Lo scatto va da sé è doverosamente ripreso dal video della canzone. Sembra che i fan più fidelizzati abbiano apprezzato, sollevando un rosario-mandala di emoticon d’ammirazione, divinizzazione da destinare a Elodie Di Patrizi, romana, nata nel 1990 nella borgata di Quartaccio, “da padre italiano (artista di strada) e madre francese creola (ex modella e cubista), originaria della Guadalupa. I genitori si sono separati quando Elodie e la sorella minore Fey erano ancora molto piccole”, chiosa Wikipedia, suggerendo in questo modo una narrazione che mostri al suo centro la “forza di volontà”, l’ambizione, l’essere riusciti a emergere nonostante l’origine in un contesto altrimenti segnato dalla marginalità sociale, riscatto dalla condizione “coatta”, Quartaccio appunto, propaggine urbanistica ulteriore di Primavalle, nella cui storia c’è modo di annoverare, nell’ordine, i primi residenti in buona misura sfollati provenienti dalla zona di via della Conciliazione, apertura verso San Pietro che si deve alla demolizione della spina di Borgo voluta e attuata dall’urbanistica fascista, il delitto della piccola Annarella Bracci e, non ultima, la villa dove per lungo tempo ha vissuto, indimenticabile, Franco Califano detto “Il Califfo”.
Se non lo abbiamo ancora detto, altri hanno invece ritenuto la scelta del nudo promozionale discutibile, peggio, un’esca per lo sguardo, offerta al sentire onanistico attivo e operante globale, rionale, circoscrizionale, “l’agile mano che snuda il banano” lì pronta, per testualmente citare il canto-poema goliardico di “Ifigonia in Culide”, un semplice escamotage per sopperire alle carenze del talento musicale, canoro, il dono stesso della voce; evidentemente questi ultimi, diversamente dai “fan” accreditati, supplicanti nuovi selfie, non riconoscono a Di Patrizi Elodie qualità alcuna, la reputano forse del tutto dimenticabile come interprete, quasi che a brillare in lei vi sia unicamente ciò che in altri anni, forse al tempo di Silvana Mangano era detta “avvenenza”, un qualcosa che, adesso, se riferito a Elodie, tradotto in linguaggio prosaico, mostra l’attributo di “bona”, o in modo ancora più esplicito “gran pezzo de fregna”, e nel dire così ci vengono incontro i versi dedicati a quest’ultima, per l’appunto la Fregna, come categoria regnante assoluta, “la fregna oh adorata” dal poeta, attore, scrittore, pittore e soprattutto performer di se stesso Remo Remotti, giusto per rimanere nella koinè profonda romana e romanesca…
Figlia del Quartaccio non si è però lasciata intimidire, postando come pezze d’appoggio alla sua statuaria e insieme polposa nudità altri esempi di sovranismo promozionale assente al pudore: Biagio Antonacci nudo sulla copertina di “Vanity Fair”, un LP a coprirgli il supposto pisel*o; il rapper Tupac e ancora Robbie Williams, il cul* di quest’ultimo nell’istante prima di precipitare in piscina, immagine da dionisiaco diportismo serale, gioia dopo la pizzata.
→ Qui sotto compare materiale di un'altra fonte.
-- ===== src/Tsdb/Config/DurationList.antt =====
-- pkg/storage/tsdb/config.go, `DurationList`: the block ranges, as the value of a flag.
pub mod Laws
use blockstorageingestor.Prelude.{
  ℤ, pos, negsuc, at_most, above, ℕ, zero, suc, ◌+◌, ◌-◌, ◌*◌, ◌/◌, ◌%◌, ◌^◌, ◌≤◌, ◌<◌, ◌≡◌, refl,
  sym, ap, ◌∙◌, ◌≢◌, ◌↔◌, ◌⊎◌, inl, inr, Bool, true, false, not, ◌&&◌, ◌||◌, Option, none, some,
  List, [], ◌∷◌, ◌++◌, map, append-nil, append_assoc, arith, ltb, leb, nat_beq, nat_beq_iff,
  if◌then◌else◌, Comparable, ◌==◌, nat_eq, Bool-cases, Option-cases, length, get_elem?, take, drop,
  length-append, contains, All, All-append, Lacks, select, get_elem?-append, Str, codes, str_beq,
  str_beq_iff, str_eq, str_beq_refl, str_beq-append,
}
use blockstorageingestor.Errors.{Error, Result, ok, err}
use blockstorageingestor.Go.Strings.{split, join}

-- `time.Duration` of Go: a duration in nanoseconds as text, and back; and in milliseconds.
pub record Durations : Type 0 where
  pub show_duration : ℤ → Str
  pub parse_duration : Str → Result ℤ
  pub milliseconds : ℤ → ℤ

abbrev pub comma : ℕ
comma = b','

module _ (D : Durations) where
  -- `(*DurationList).String`
  unfoldable pub to_string : List ℤ → Str
  to_string d = join (map D.show_duration d) comma

  -- the loop of `Set`, with what the list holds
  unfoldable pub set_loop : List Str → List ℤ → Result (Unit {0}) × List ℤ
  set_loop [] d = (ok tt, d)
  set_loop (v ∷ vs) d = elim (D.parse_duration v) [
    | err e ↦ (err e, d)
    | ok t ↦ set_loop vs (d ++ t ∷ [])
  ]

  -- `(*DurationList).Set`: what the list held is dropped first, and what was read before an error stays.
  unfoldable pub set_list : Str → List ℤ → Result (Unit {0}) × List ℤ
  unfolding set_loop
  set_list s d = set_loop (split s comma) []

  unfoldable pub to_milliseconds : List ℤ → List ℤ
  to_milliseconds d = map D.milliseconds d
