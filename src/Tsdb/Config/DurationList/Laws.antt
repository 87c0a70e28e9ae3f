-- ===== src/Tsdb/Config/DurationList/Laws.antt =====
-- The text of a list of durations is read back.
use blockstorageingestor.Prelude.{
  ℤ, ◌≡◌, refl, ◌≢◌, List, [], ◌∷◌, ◌++◌, map, append-nil, append_assoc, nat_eq, All, Lacks, str_eq,
}
use blockstorageingestor.Errors.{ok}
use blockstorageingestor.Go.Strings.Laws.{split-join}
use blockstorageingestor.Tsdb.Config.DurationList.{Durations, comma, to_string, set_loop, set_list}

-- A duration is read back from its text, which holds no comma.
pub record IsDurations (D : Durations) : Type 0 where
  pub parse-show : (t : ℤ) → D.parse_duration (D.show_duration t) ≡ ok t
  pub show-Lacks : (t : ℤ) → Lacks comma (D.show_duration t)

module _ (D : Durations) (W : IsDurations D) where
  set_loop-show : (d e : List ℤ) → set_loop D (map D.show_duration d) e ≡ (ok tt, e ++ d)
  unfolding set_loop
  set_loop-show [] e = rw (append-nil) refl
  set_loop-show (t ∷ d) e = rw (W.parse-show t, set_loop-show d (e ++ t ∷ []), append_assoc) refl

  show-All-Lacks : (d : List ℤ) → All (Lacks comma) (map D.show_duration d)
  show-All-Lacks [] = tt
  show-All-Lacks (t ∷ d) = (W.show-Lacks t, show-All-Lacks d)

  -- A list of durations that is not empty is read back from its text, whatever the value held before.
  pub set_list-to_string :
      (t : ℤ) (d old : List ℤ) → set_list D (to_string D (t ∷ d)) old ≡ (ok tt, t ∷ d)
  unfolding set_list to_string
  set_list-to_string t d old =
      let some_text : map D.show_duration (t ∷ d) ≢ [] = cc in
      rw (split-join comma (map D.show_duration (t ∷ d)) some_text (show-All-Lacks (t ∷ d)))
        (set_loop-show (t ∷ d) [])
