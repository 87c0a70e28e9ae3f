-- ===== src/Tests/Ranges.antt =====
-- Block ranges as the value of a flag.
use blockstorageingestor.Prelude.{
  ℤ, pos, negsuc, ◌+◌, ◌-◌, ◌≡◌, ap, [], ◌∷◌, arith, nat_eq, Lacks, Str, str_eq,
}
use blockstorageingestor.Errors.{Result, ok, err, foreign}
use blockstorageingestor.Tsdb.Config.DurationList.{Durations, comma, to_string, set_list}
use blockstorageingestor.Tsdb.Config.DurationList.Laws.{IsDurations, set_list-to_string}

-- A duration as one byte past the comma, with a byte before it if it is negative.
abbrev shown : ℤ → Str
shown (pos n) = (n + 45) ∷ []
shown (negsuc n) = 1 ∷ (n + 45) ∷ []

abbrev read : Str → Result ℤ
read (c ∷ []) = ok (pos (c - 45))
read (s ∷ c ∷ []) = ok (negsuc (c - 45))
read _ = err (foreign 1)

abbrev durations : Durations
durations = record { show_duration = shown; parse_duration = read; milliseconds = λ t. t }

read-shown : (t : ℤ) → read (shown t) ≡ ok t
read-shown (pos n) = ap (λ m. ok (pos m)) (omega arith)
read-shown (negsuc n) = ap (λ m. ok (negsuc m)) (omega arith)

shown-Lacks : (t : ℤ) → Lacks comma (shown t)
shown-Lacks (pos n) = omega arith
shown-Lacks (negsuc n) = omega arith

durations-IsDurations : IsDurations durations
durations-IsDurations = record { parse-show = read-shown; show-Lacks = shown-Lacks }

set_list-to_string_example :
    set_list durations (to_string durations (pos 7 ∷ negsuc 2 ∷ [])) (pos 1 ∷ [])
    ≡ (ok tt, pos 7 ∷ negsuc 2 ∷ [])
set_list-to_string_example =
    set_list-to_string durations durations-IsDurations (pos 7) (negsuc 2 ∷ []) (pos 1 ∷ [])
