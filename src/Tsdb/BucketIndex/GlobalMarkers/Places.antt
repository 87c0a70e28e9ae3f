-- ===== src/Tsdb/BucketIndex/GlobalMarkers/Places.antt =====
-- The places of marks and of their copies: no two share one.
use blockstorageingestor.Prelude.{
  ◌≡◌, refl, sym, ap, ◌∙◌, ◌≢◌, inl, inr, Bool, false, none, some, List, [], ◌∷◌, ◌++◌,
  append_assoc, nat_eq, All, All-append, Str, str_eq,
}
use blockstorageingestor.Go.Strings.{split, join}
use blockstorageingestor.Go.Strings.Laws.{split-join, sep_injective}
use blockstorageingestor.Go.FilePath.{slash}
use blockstorageingestor.Go.FilePath.Laws.{IsPlain, All-IsPlain-Lacks}
use blockstorageingestor.Tsdb.BucketIndex.Markers.{
  BlockFormat, IsBlockFormat, dash, markers_pathname,
}
use blockstorageingestor.Tsdb.BucketIndex.GlobalMarkers.{is_mark}
use blockstorageingestor.Tsdb.BucketIndex.GlobalMarkers.Paths.{
  block_file, global_file, is_mark-block_file, dashed-IsPlain, markers-IsPlain, append-ne-nil,
}
use blockstorageingestor.Tsdb.BucketIndex.Migration.Paths.{IsMark, IsMark-IsPlain}

abbrev Same2 : List Str → List Str → Str → Str → Str → Str → Type 0
Same2 xs ys a b c d = (xs ≡ ys) × (a ≡ c) × (b ≡ d)

last_two :
    (xs ys : List Str) (a b c d : Str) → xs ++ a ∷ b ∷ [] ≡ ys ++ c ∷ d ∷ [] → Same2 xs ys a b c d
last_two [] [] a b c d e = (refl, cc, cc)
last_two [] (y ∷ []) a b c d e = let no : ⊥ = cc in elim no [ ]
last_two [] (y ∷ z ∷ ys) a b c d e =
    let h : ys ++ c ∷ d ∷ [] ≡ [] = cc in absurd (append-ne-nil ys _ c h)
last_two (x ∷ []) [] a b c d e = let no : ⊥ = cc in elim no [ ]
last_two (x ∷ z ∷ xs) [] a b c d e =
    let h : xs ++ a ∷ b ∷ [] ≡ [] = cc in absurd (append-ne-nil xs _ a h)
last_two (x ∷ xs) (y ∷ ys) a b c d e =
    let h : xs ++ a ∷ b ∷ [] ≡ ys ++ c ∷ d ∷ [] = cc in
    let k : x ≡ y = cc in let (p, q, r) = last_two xs ys a b c d h in (cc, q, r)

module _ (T : BlockFormat) (W : IsBlockFormat T) where
  -- A mark: a file of one of the two kinds in the directory of the block `id`, which stands below
  -- the components `pre`.
  pub record Mark : Type 0 where
    pub pre : List Str
    pub above : All IsPlain pre
    pub id : T.ULID
    pub file : Str
    pub kind : IsMark T file

  abbrev pub mark_place : Mark → Str
  mark_place p = block_file T W p.pre p.above p.id p.file

  abbrev pub copy_place : Mark → Str
  copy_place p = global_file T W p.pre p.above p.id p.file

  pub is_mark-mark_place :
      (order : Bool) (p : Mark) → is_mark T order (mark_place p) ≡ some (copy_place p)
  is_mark-mark_place order p = elim p.kind [
    | inl e ↦ rw e (is_mark-block_file T W p.pre p.above p.id order).0
    | inr e ↦ rw e (is_mark-block_file T W p.pre p.above p.id order).1
  ]

  copy_parts : Mark → List Str
  copy_parts p = p.pre ++ markers_pathname ∷ (T.to_string p.id ++ dash ∷ p.file) ∷ []

  split-block_file :
      (pre : List Str) (above : All IsPlain pre) (id : T.ULID) (file : Str)
      → IsPlain file
      → split (block_file T W pre above id file) slash ≡ pre ++ T.to_string id ∷ file ∷ []
  split-block_file pre above id file plain = rw append_assoc (
      split-join slash (pre ++ T.to_string id ∷ file ∷ []) (append-ne-nil pre _ _) (
        All-IsPlain-Lacks (pre ++ T.to_string id ∷ file ∷ [])
          (All-append IsPlain pre _ above (W.to_string-IsPlain id, (plain, tt)))))

  split-copy_place : (p : Mark) → split (copy_place p) slash ≡ copy_parts p
  unfolding copy_parts
  split-copy_place p =
      let file = IsMark-IsPlain T W p.file p.kind in
      let id = W.to_string-IsPlain p.id in
      split-join slash (copy_parts p) (append-ne-nil p.pre _ _) (
        All-IsPlain-Lacks (copy_parts p) (
          All-append IsPlain p.pre _ p.above
            (markers-IsPlain, (dashed-IsPlain (T.to_string p.id) p.file id.lacks file.lacks, tt))))

  -- Two marks whose copies share a name are one.
  pub same_copy : (p q : Mark) → copy_place p ≡ copy_place q → mark_place p ≡ mark_place q
  unfolding copy_parts
  same_copy p q e =
      let parts = sym (split-copy_place p) ∙ ap (λ t. split t slash) e ∙ split-copy_place q in
      let (above, _, name) = last_two p.pre q.pre _ _ _ _ parts in
      let (id, file) =
        sep_injective dash (T.to_string p.id) (T.to_string q.id) p.file q.file
          (W.to_string-Lacks p.id) (W.to_string-Lacks q.id) name in
      ap (λ t. join t slash) (cc)

  -- Two marks that share a name are one.
  pub same_mark : (p q : Mark) → mark_place p ≡ mark_place q → copy_place p ≡ copy_place q
  same_mark p q e =
      let h : some (copy_place p) ≡ some (copy_place q) =
        sym (is_mark-mark_place false p)
        ∙ ap (λ n. is_mark T false n) e
        ∙ is_mark-mark_place false q in
      cc

  pub unmarked-differs :
      (order : Bool) (n : Str) → is_mark T order n ≡ none → (p : Mark) → n ≢ mark_place p
  unmarked-differs order n h p e =
      let h : none ≡ some (copy_place p) =
        sym h ∙ ap (λ n. is_mark T order n) e ∙ is_mark-mark_place order p in
      let no : ⊥ = cc in no

  module _ (no_markers : (id : T.ULID) → T.to_string id ≢ markers_pathname) where
    -- No file in a block's directory has the name of a copy.
    pub block_or_copy :
        (pre : List Str) (above : All IsPlain pre) (id : T.ULID) (file : Str) (q : Mark)
        → IsPlain file
        → block_file T W pre above id file ≢ copy_place q
    unfolding copy_parts
    block_or_copy pre above id file q plain e =
        let parts =
          sym (split-block_file pre above id file plain)
          ∙ ap (λ t. split t slash) e
          ∙ split-copy_place q in
        no_markers id (last_two pre q.pre _ _ _ _ parts).1

    pub mark_or_copy : (p q : Mark) → mark_place p ≢ copy_place q
    mark_or_copy p q = block_or_copy p.pre p.above p.id p.file q (IsMark-IsPlain T W p.file p.kind)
Certo, se avesse avuto più strumenti culturali, Elodie avrebbe potuto utilizzare come ulteriori prove visive a difesa della sua nudità sia Henri de Toulouse-Lautrec sulla spiaggia di Le Crotoy, in Picardie che addirittura si mostra mentre sta defecando, sia il critico d’arte Achille Bonito Oliva disteso come Maya su un divano a favore dell’obiettivo di “Frigidaire”, lo stesso giornale dove Jo Squillo si propose più che nuda, l’apoteosi dei Tampax lì a sfavillare, nel 1984. Peccato che alla fine, su tutto, in questa storia si sollevi unicamente come significante il pugno stretto dell’onanismo globale, tra seghe e, perché no, ditalin*, non resta altro margine per la provocazione stessa.